The Fear of Being You

What about this theory, the fear of not being enough, and the fear of being ‘too much’ are exactly the same fear.  the fear of being you.  @Nayyirah.Waheed

This came up in my Instagram feed today and really hit home with me.  “The fear of being you.”  Why do I fear being me and showing the real me to the world?

I am a performer.  Not a ‘get on a stage and put on a show’ performer.  I am a person who has lived my life with the core belief that  I have to perform or do something to be worthy of love and acceptance.  I have to perform to make myself worthy of other people’s time, attention and affection.

If you are also a performer, you know exactly how torturous this can be.  Just how much anxiety it creates in your life.  You are never sure if you’ve done enough to earn or deserve love and acceptance.  And you know that even if you have, it is temporary and you must continue to perform to keep that love and acceptance.  If you do start to feel some pride in your accomplishments you then worry about being ‘too much’.  Are you being obnoxious and arrogant?  Have you now lost the love and acceptance you’ve worked so hard to earn because you have made too big of a deal about your performance?

I’ve recently just finished the first phase of an ongoing project at work.  The group I’m working with has gone live with this phase despite many roadblocks and lack of clear requirements.  I am extremely proud of and thankful for all the hard work of this team to get to where we are right now.

Yet personally there is a part of me dwelling on all the things still unfinished – all the things that are still unanswered.  I’ve spent time agonizing over whether I did enough.  If there were other things I could have done, could have pursued.  Rather than focus on and being proud of what I’ve done as part of this team, I’m focused on what I’ve not resolved yet.  When my manager says how happy she is and proud of what we’ve accomplished, all I can do is sit there and wonder when she is going to see through to the fraud I really am and see all the areas where I’ve failed (at least in my mind).

When did I buy into this lie that my worth is tied to what I do?  I have three children I love unconditionally, regardless of what they do or don’t do.  But I am unable to love myself in this way or believe others could love me for who I am – not just for what I do.  I’ve spent my whole life trying to be ‘good enough’ and always believing I was falling short of the mark.  Never seeing the truth – That I AM good enough without doing anything!  And acknowledging that without shame or guilt.

NEWS FLASH!!! I can be loved and accepted for who I AM – not for my performance!  And so can you!  We deserve it!!

I’m learning I am my own worst enemy – my own worst critic.  I have a bully that lives in my head and I’ve given her way WAY too much control!  I am way too hard on myself and I need to show myself more compassion.
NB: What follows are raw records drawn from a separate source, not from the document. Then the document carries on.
-- ===== src/Spaces/Records/Fields.antt =====
-- One field of a record in `validateRecordData`.
use gomer.Base.{
  ◌≡◌, ◌≢◌, ◌⊎◌, inl, inr, refl, sym, ap, ◌∙◌, Bool, true, false, Bool-cases, Option, none, some,
  List, [], ◌∷◌, ◌++◌, All,
}
use gomer.Base.Text.{String, str_eq}
use gomer.Spaces.Json.{Value, null, str, Numbers}
use gomer.Spaces.Spec.WellFormed.{Among, Distinct}
use gomer.Spaces.Spec.Parts.{has_iff}
use gomer.Spaces.Convert.{Numeric, to_text, number, nan, throws, to_number, to_bool}
use gomer.Spaces.Records.{
  FieldType, number_type, boolean, select, FieldSpec, missing, includes, put, Coerced, value, wrong,
  fails, number_field, text_value, select_field, coerce_as, coerce_field_value, Draft, add_coerced,
  missed, check_field,
}
use gomer.Spaces.Records.Entries.{Fits, HasKey, put-All, put-HasKey, put-keeps, put-Distinct, keys}

append-ne-nil {ℓ} : {A : Type ℓ} (xs : List A) (x : A) → xs ++ x ∷ [] ≢ []
append-ne-nil [] x e = cc
append-ne-nil (y ∷ xs) x e = cc

module _ (numbers : Numbers) where
  open numbers use {Num}

  number_field-Fits :
      (f : FieldSpec) (n : Numeric numbers) (v : Value Num)
      → number_field numbers f.name n ≡ value v
      → Fits number_type f v
  number_field-Fits f (number n) v e = (n, cc)
  number_field-Fits f nan v e = cc
  number_field-Fits f throws v e = cc

  text_value-Fits :
      (o : Option String) (v : Value Num)
      → text_value numbers o ≡ value v
      → (s : String) × (v ≡ str s)
  text_value-Fits none v e = cc
  text_value-Fits (some s) v e = (s, cc)

  includes-Among :
      (o : Option (List String)) (s : String)
      → includes o s ≡ true
      → (os : List String) × (o ≡ some os) × Among s os
  includes-Among none s e = cc
  includes-Among (some os) s e = (os, refl, (has_iff s os).0 e)

  select_field-Fits :
      (f : FieldSpec) (o : Option String) (v : Value Num)
      → select_field numbers f o ≡ value v
      → Fits select f v
  select_field-Fits f none v e = cc
  select_field-Fits f (some s) v e = elim (Bool-cases (includes f.options s)) [
    | inl listed ↦
        let (os, given, among) = includes-Among f.options s listed in
        (s, os, cc (rw listed at e), given, among)
    | inr other ↦ cc (rw other at e)
  ]

  coerce_as-Fits :
      (t : FieldType) (f : FieldSpec) (raw v : Value Num)
      → coerce_as numbers t f raw ≡ value v
      → Fits t f v
  coerce_as-Fits number_type f raw v e = number_field-Fits f (to_number numbers raw) v e
  coerce_as-Fits boolean f raw v e = (to_bool numbers raw, cc)
  coerce_as-Fits select f raw v e = select_field-Fits f (to_text numbers raw) v e
  coerce_as-Fits _ f raw v e = text_value-Fits (to_text numbers raw) v e

  -- What a field without an error does: it is optional and left out, or its value is put.
  abbrev pub Passed : FieldSpec → Draft numbers → Draft numbers → Type 0
  Passed f d d1 =
      ((f.required ≡ false) × (d1 ≡ d))
      ⊎ ((v : Value Num) × Fits f.type f v × (d1 ≡ record d { clean = put f.name v d.clean }))

  some_inj {ℓ} : {A : Type ℓ} (a b : A) → some a ≡ some b → a ≡ b
  some_inj a b e = cc

  missed-Passed :
      (must : Bool) (f : FieldSpec) (d d1 : Draft numbers)
      → f.required ≡ must
      → some (missed numbers must f.name d) ≡ some d1
      → d1.errors ≡ []
      → Passed f d d1
  missed-Passed true f d d1 is e none_left =
      let errors = ap (λ (x : Draft numbers). x.errors) (some_inj _ _ e) in
      absurd (append-ne-nil d.errors (missing f.name) (errors ∙ none_left))
  missed-Passed false f d d1 is e none_left = inl (is, sym (some_inj _ _ e))

  add_coerced-Passed :
      (f : FieldSpec) (c : Coerced numbers) (d d1 : Draft numbers)
      → ((v : Value Num) → c ≡ value v → Fits f.type f v)
      → add_coerced numbers f.name c d ≡ some d1
      → d1.errors ≡ []
      → Passed f d d1
  add_coerced-Passed f (value v) d d1 fits e none_left = inr (v, fits v refl, sym (some_inj _ _ e))
  add_coerced-Passed f (wrong w) d d1 fits e none_left =
      let errors = ap (λ (x : Draft numbers). x.errors) (some_inj _ _ e) in
      absurd (append-ne-nil d.errors w (errors ∙ none_left))
  add_coerced-Passed f fails d d1 fits e none_left = cc

  given-Passed :
      (f : FieldSpec) (raw : Value Num) (d d1 : Draft numbers)
      → add_coerced numbers f.name (coerce_field_value numbers f raw) d ≡ some d1
      → d1.errors ≡ []
      → Passed f d d1
  unfolding coerce_field_value
  given-Passed f raw d d1 =
      add_coerced-Passed f (coerce_as numbers f.type f raw) d d1 (coerce_as-Fits f.type f raw)

  pub check_field-Passed :
      (f : FieldSpec) (o : Option (Value Num)) (d d1 : Draft numbers)
      → check_field numbers f o d ≡ some d1
      → d1.errors ≡ []
      → Passed f d d1
  unfolding check_field
  check_field-Passed f none d d1 e none_left = missed-Passed f.required f d d1 refl e none_left
  check_field-Passed f (some null) d d1 e none_left =
      missed-Passed f.required f d d1 refl e none_left
  check_field-Passed f (some (str s)) d d1 e none_left = elim (Bool-cases (str_eq s "")) [
    | inl empty ↦ missed-Passed f.required f d d1 refl (rw empty at e) none_left
    | inr given ↦ given-Passed f (str s) d d1 (rw given at e) none_left
  ]
  check_field-Passed f (some raw) d d1 e none_left = given-Passed f raw d d1 e none_left

  -- What a checked field leaves of an entry, a key and the distinct keys.
  pub Passed-All :
      (P : String × Value Num → Type 0) (f : FieldSpec) (d d1 : Draft numbers)
      → Passed f d d1
      → ((v : Value Num) → Fits f.type f v → P (f.name, v))
      → All P d.clean
      → All P d1.clean
  Passed-All P f d d1 (inl (may, same)) h all = rw same all
  Passed-All P f d d1 (inr (v, fits, same)) h all =
      rw same (put-All P f.name v d.clean (h v fits) all)

  pub Passed-keeps :
      (k : String) (f : FieldSpec) (d d1 : Draft numbers)
      → Passed f d d1
      → HasKey k d.clean
      → HasKey k d1.clean
  Passed-keeps k f d d1 (inl (may, same)) h = rw same h
  Passed-keeps k f d d1 (inr (v, fits, same)) h = rw same (put-keeps k f.name v d.clean h)

  pub Passed-HasKey :
      (f : FieldSpec) (d d1 : Draft numbers)
      → Passed f d d1
      → f.required ≡ true
      → HasKey f.name d1.clean
  Passed-HasKey f d d1 (inl (may, same)) must = cc
  Passed-HasKey f d d1 (inr (v, fits, same)) must = rw same (put-HasKey f.name v d.clean)

  pub Passed-Distinct :
      (f : FieldSpec) (d d1 : Draft numbers)
      → Passed f d d1
      → Distinct (keys d.clean)
      → Distinct (keys d1.clean)
  Passed-Distinct f d d1 (inl (may, same)) h = rw same h
  Passed-Distinct f d d1 (inr (v, fits, same)) h = rw same (put-Distinct f.name v d.clean h)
I am also realizing that while I’ve made some positive strides in this area in the past year, I still have a long way to go.  And sometimes (okay, a lot of time!) I focus more on the things I have not done yet rather than being proud of what I’ve accomplished so far.  In these moments, I’m being hard on myself for being hard on myself!  And that makes me laugh – this cycle is just so crazy!  But it is a process and probably something I will be working on for the rest of my life.  Eventually it will get easier and come more naturally – but it will always be something I need to be conscious of and strive towards.  This is going to be a daily choice to show myself compassion and to accept myself.  It may even be an hour by hour or minute by minute choice.  But in the end that is okay.  Because I AM worthy of acceptance and love and I am not ‘too much’ either.  More than anything I deserve compassion and acceptance and love from MYSELF!  Because if I can’t do that for me – how can I do it for anyone else?

So from this day, hour and minute forward – I say “F this fear!”  I will be proud of ME and I will do so with no fear or guilt.  I will stand with my head held high and will accept ME exactly as I am – imperfections and all because those are the things that make me uniquely me.   Those are the things that make me so darn lovable!

I accept me, right here and right now.  Just as I am.  Imperfect, Beautiful and Glorious ME!!!!